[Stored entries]
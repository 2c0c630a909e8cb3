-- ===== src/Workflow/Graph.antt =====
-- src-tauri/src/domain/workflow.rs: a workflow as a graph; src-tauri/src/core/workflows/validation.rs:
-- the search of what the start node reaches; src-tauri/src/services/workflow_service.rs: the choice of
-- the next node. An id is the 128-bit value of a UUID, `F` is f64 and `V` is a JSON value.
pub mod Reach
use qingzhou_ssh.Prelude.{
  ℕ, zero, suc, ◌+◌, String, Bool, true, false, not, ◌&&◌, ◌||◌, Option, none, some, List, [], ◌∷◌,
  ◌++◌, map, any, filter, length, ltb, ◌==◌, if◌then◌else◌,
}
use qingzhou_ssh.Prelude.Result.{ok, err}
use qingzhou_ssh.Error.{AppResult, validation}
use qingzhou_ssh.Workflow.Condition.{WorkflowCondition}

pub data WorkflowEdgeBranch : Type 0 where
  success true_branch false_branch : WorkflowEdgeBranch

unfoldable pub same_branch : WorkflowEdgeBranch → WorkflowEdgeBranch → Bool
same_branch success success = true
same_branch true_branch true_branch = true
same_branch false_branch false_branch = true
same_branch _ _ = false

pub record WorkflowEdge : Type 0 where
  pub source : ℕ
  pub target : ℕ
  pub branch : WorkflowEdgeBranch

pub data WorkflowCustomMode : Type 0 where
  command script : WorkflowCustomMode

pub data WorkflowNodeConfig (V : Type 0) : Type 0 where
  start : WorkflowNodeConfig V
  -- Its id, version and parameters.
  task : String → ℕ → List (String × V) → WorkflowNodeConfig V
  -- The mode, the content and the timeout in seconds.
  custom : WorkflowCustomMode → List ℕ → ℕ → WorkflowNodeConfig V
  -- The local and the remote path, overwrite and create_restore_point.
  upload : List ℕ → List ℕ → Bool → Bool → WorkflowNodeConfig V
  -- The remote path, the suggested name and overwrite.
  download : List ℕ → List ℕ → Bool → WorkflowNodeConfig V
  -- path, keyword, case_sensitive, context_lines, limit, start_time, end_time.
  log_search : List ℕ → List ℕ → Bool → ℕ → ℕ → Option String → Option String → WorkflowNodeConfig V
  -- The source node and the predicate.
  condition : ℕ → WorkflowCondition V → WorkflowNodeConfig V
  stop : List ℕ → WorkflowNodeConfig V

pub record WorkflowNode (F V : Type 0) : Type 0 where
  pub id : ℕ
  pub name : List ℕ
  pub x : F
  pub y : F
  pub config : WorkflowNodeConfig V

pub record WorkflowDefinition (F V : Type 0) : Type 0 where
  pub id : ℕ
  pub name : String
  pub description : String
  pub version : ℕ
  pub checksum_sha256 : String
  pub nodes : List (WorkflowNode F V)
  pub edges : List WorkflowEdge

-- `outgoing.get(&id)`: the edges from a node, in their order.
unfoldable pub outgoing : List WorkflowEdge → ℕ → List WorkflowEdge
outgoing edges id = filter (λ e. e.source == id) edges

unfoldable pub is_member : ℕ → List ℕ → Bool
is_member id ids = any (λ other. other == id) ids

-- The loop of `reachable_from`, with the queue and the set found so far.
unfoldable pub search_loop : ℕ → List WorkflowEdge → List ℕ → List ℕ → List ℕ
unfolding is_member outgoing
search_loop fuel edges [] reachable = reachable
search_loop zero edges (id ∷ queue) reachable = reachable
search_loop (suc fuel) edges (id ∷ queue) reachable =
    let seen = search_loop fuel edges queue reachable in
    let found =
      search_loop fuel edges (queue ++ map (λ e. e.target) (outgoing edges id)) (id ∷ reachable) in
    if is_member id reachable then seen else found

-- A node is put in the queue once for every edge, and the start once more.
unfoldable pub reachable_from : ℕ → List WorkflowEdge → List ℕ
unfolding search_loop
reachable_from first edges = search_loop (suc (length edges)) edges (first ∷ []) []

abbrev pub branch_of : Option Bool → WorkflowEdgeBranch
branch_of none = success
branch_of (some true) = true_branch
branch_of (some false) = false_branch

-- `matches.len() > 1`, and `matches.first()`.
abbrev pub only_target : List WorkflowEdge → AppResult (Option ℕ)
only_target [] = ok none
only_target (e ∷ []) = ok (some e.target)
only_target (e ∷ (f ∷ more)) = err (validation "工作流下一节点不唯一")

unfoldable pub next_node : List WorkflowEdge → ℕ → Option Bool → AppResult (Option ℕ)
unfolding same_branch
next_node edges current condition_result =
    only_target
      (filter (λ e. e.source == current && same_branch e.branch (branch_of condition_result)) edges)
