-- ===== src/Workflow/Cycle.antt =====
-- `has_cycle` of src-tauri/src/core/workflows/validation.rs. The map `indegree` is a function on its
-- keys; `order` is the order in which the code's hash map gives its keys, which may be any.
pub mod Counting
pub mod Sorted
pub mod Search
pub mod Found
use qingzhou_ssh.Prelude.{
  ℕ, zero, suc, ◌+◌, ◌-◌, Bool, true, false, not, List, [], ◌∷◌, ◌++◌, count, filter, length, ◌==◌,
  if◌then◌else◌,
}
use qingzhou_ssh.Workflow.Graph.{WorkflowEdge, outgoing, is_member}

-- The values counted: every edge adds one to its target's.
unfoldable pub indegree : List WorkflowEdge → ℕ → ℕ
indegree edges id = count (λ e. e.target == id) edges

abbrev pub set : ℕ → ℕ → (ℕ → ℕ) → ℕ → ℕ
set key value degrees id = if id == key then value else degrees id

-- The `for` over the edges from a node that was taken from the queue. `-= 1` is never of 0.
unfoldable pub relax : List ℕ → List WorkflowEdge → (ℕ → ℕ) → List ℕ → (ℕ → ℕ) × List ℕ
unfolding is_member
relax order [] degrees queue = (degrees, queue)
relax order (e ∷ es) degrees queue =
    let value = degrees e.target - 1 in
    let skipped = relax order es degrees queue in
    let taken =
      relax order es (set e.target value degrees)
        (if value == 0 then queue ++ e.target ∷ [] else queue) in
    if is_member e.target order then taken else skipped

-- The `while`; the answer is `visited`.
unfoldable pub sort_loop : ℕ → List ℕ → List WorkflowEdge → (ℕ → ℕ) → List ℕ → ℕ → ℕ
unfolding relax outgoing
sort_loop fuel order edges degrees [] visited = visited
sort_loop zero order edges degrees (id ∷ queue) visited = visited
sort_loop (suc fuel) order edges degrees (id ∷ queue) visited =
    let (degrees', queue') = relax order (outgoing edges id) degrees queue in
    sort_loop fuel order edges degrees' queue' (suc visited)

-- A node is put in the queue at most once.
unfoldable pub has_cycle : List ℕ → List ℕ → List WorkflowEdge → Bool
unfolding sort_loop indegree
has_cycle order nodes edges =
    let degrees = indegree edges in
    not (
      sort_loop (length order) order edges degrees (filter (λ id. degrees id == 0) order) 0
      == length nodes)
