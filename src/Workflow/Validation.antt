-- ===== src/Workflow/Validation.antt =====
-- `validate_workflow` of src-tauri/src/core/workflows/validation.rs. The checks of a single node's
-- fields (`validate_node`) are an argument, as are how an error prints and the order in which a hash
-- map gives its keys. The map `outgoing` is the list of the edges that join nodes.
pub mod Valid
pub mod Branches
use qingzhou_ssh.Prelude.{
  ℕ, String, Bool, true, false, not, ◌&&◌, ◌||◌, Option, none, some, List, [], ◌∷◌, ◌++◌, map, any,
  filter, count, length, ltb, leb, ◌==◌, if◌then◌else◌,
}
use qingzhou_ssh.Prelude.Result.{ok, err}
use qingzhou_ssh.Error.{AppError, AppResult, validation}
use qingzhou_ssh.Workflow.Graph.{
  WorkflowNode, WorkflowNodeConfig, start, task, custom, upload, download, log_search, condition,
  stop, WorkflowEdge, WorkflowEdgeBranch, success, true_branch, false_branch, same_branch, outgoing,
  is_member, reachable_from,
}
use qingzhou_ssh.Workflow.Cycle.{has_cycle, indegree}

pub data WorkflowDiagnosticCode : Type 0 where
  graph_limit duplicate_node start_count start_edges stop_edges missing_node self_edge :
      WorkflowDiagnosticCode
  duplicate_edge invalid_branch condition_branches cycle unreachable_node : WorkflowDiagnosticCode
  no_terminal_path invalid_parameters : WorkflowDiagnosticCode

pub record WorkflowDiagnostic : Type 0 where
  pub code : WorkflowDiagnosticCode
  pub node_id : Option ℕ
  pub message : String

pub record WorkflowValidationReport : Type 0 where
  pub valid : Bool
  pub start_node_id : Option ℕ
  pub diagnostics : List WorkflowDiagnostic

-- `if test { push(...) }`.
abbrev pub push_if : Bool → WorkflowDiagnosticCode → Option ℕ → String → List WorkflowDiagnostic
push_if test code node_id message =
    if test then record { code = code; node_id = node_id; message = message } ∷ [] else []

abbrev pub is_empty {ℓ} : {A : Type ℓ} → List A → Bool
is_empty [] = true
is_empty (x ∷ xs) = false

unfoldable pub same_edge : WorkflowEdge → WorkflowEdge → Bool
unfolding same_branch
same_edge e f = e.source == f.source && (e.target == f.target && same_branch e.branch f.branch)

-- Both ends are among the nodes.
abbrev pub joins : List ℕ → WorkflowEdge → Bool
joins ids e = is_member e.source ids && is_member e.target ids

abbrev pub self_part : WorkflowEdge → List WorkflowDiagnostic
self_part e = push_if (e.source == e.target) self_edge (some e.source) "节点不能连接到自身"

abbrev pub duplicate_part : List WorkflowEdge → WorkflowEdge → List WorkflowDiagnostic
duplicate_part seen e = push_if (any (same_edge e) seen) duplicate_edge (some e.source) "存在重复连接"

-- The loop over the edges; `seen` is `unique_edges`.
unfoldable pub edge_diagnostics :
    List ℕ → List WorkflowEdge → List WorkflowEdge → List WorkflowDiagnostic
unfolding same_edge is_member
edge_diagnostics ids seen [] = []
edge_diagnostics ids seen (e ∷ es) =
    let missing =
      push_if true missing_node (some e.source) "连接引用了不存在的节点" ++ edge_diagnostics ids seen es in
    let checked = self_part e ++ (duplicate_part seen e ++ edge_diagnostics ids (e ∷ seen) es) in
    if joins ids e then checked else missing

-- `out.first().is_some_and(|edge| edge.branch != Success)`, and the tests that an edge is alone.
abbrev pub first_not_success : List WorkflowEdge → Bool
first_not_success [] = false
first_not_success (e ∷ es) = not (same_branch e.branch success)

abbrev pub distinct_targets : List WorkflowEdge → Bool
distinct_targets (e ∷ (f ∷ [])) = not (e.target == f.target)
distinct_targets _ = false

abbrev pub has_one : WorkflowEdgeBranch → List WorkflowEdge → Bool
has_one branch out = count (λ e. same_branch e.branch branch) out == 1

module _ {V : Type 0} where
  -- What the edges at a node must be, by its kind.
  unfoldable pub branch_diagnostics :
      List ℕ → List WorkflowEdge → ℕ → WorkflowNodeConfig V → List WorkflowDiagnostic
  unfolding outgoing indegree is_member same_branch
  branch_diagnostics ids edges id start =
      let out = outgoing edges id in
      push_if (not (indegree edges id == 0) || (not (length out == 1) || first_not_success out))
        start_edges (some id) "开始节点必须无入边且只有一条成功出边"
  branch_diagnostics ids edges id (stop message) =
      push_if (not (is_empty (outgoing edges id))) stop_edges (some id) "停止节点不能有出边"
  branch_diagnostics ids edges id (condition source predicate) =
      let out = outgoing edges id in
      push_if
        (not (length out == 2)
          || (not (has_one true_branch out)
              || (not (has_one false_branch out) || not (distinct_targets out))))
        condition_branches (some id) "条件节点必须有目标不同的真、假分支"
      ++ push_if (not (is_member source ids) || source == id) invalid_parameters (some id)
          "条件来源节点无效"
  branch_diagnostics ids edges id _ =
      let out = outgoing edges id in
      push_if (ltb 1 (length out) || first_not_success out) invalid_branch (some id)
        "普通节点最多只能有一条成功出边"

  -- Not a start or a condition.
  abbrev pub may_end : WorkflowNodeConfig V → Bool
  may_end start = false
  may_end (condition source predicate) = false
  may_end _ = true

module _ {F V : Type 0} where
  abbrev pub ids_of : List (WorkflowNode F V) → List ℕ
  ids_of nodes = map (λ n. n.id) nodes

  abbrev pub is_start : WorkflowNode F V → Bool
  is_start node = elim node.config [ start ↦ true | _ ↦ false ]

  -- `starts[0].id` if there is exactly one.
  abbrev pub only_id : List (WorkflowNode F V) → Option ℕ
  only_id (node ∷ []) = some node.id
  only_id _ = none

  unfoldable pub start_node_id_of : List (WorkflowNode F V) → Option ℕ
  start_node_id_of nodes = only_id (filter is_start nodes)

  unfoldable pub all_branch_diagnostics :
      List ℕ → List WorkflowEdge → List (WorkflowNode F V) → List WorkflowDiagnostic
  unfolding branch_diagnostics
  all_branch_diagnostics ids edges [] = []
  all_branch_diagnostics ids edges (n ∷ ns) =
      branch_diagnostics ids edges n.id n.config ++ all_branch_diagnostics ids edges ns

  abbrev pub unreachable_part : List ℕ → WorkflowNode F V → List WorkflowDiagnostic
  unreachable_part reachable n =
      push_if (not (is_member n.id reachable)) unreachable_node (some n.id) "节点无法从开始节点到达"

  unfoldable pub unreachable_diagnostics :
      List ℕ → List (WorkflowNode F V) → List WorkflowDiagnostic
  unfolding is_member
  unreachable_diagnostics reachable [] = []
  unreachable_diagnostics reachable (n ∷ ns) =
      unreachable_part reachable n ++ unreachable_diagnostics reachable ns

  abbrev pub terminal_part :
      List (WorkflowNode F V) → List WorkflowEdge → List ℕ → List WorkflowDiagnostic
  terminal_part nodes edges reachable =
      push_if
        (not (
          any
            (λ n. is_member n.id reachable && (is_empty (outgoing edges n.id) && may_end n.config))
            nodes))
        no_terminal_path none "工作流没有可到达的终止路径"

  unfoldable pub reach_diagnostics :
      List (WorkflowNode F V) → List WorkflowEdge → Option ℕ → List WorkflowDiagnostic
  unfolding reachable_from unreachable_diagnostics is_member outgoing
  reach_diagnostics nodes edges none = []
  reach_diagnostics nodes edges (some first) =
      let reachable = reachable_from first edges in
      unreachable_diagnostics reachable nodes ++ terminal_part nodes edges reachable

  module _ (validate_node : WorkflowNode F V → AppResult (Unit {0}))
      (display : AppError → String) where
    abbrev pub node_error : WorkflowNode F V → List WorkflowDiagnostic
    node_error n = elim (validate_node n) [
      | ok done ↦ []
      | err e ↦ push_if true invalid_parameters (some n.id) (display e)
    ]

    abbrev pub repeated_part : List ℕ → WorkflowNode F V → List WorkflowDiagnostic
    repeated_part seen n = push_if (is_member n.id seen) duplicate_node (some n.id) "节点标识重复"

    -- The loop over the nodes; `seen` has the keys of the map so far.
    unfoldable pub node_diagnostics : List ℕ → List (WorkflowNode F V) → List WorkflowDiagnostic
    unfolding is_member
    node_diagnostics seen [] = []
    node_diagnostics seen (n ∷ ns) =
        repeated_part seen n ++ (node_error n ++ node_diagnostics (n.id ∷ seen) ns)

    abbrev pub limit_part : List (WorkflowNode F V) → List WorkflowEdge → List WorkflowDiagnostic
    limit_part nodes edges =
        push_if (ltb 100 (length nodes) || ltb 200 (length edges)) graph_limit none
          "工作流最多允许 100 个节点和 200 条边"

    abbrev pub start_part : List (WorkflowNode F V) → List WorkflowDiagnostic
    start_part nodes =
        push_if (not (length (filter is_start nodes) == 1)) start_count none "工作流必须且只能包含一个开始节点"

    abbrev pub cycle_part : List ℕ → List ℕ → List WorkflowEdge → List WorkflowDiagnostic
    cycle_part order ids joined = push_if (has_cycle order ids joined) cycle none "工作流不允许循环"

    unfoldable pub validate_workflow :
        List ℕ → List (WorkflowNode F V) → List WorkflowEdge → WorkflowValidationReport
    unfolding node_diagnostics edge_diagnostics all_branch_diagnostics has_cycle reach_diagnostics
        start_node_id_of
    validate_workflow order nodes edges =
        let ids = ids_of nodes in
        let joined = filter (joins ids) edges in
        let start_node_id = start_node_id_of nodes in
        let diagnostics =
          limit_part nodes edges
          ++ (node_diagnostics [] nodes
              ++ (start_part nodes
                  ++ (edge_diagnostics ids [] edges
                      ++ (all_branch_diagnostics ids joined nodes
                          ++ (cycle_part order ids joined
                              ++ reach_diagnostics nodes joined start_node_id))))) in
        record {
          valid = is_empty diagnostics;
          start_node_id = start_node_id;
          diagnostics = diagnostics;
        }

▶ _Problem requirements_: Copy the records above faithfully. Begin at their first line, end at the line containing "condition : ℕ", and include nothing else.

▶ _Response below_:
repository 2c0c630a909e8cb3
-- ===== src/Workflow/Graph.antt =====
-- src-tauri/src/domain/workflow.rs: a workflow as a graph; src-tauri/src/core/workflows/validation.rs:
-- the search of what the start node reaches; src-tauri/src/services/workflow_service.rs: the choice of
-- the next node. An id is the 128-bit value of a UUID, `F` is f64 and `V` is a JSON value.
pub mod Reach
use qingzhou_ssh.Prelude.{
  ℕ, zero, suc, ◌+◌, String, Bool, true, false, not, ◌&&◌, ◌||◌, Option, none, some, List, [], ◌∷◌,
  ◌++◌, map, any, filter, length, ltb, ◌==◌, if◌then◌else◌,
}
use qingzhou_ssh.Prelude.Result.{ok, err}
use qingzhou_ssh.Error.{AppResult, validation}
use qingzhou_ssh.Workflow.Condition.{WorkflowCondition}

pub data WorkflowEdgeBranch : Type 0 where
  success true_branch false_branch : WorkflowEdgeBranch

unfoldable pub same_branch : WorkflowEdgeBranch → WorkflowEdgeBranch → Bool
same_branch success success = true
same_branch true_branch true_branch = true
same_branch false_branch false_branch = true
same_branch _ _ = false

pub record WorkflowEdge : Type 0 where
  pub source : ℕ
  pub target : ℕ
  pub branch : WorkflowEdgeBranch

pub data WorkflowCustomMode : Type 0 where
  command script : WorkflowCustomMode

pub data WorkflowNodeConfig (V : Type 0) : Type 0 where
  start : WorkflowNodeConfig V
  -- Its id, version and parameters.
  task : String → ℕ → List (String × V) → WorkflowNodeConfig V
  -- The mode, the content and the timeout in seconds.
  custom : WorkflowCustomMode → List ℕ → ℕ → WorkflowNodeConfig V
  -- The local and the remote path, overwrite and create_restore_point.
  upload : List ℕ → List ℕ → Bool → Bool → WorkflowNodeConfig V
  -- The remote path, the suggested name and overwrite.
  download : List ℕ → List ℕ → Bool → WorkflowNodeConfig V
  -- path, keyword, case_sensitive, context_lines, limit, start_time, end_time.
  log_search : List ℕ → List ℕ → Bool → ℕ → ℕ → Option String → Option String → WorkflowNodeConfig V
  -- The source node and the predicate.
  condition : ℕ → WorkflowCondition V → WorkflowNodeConfig V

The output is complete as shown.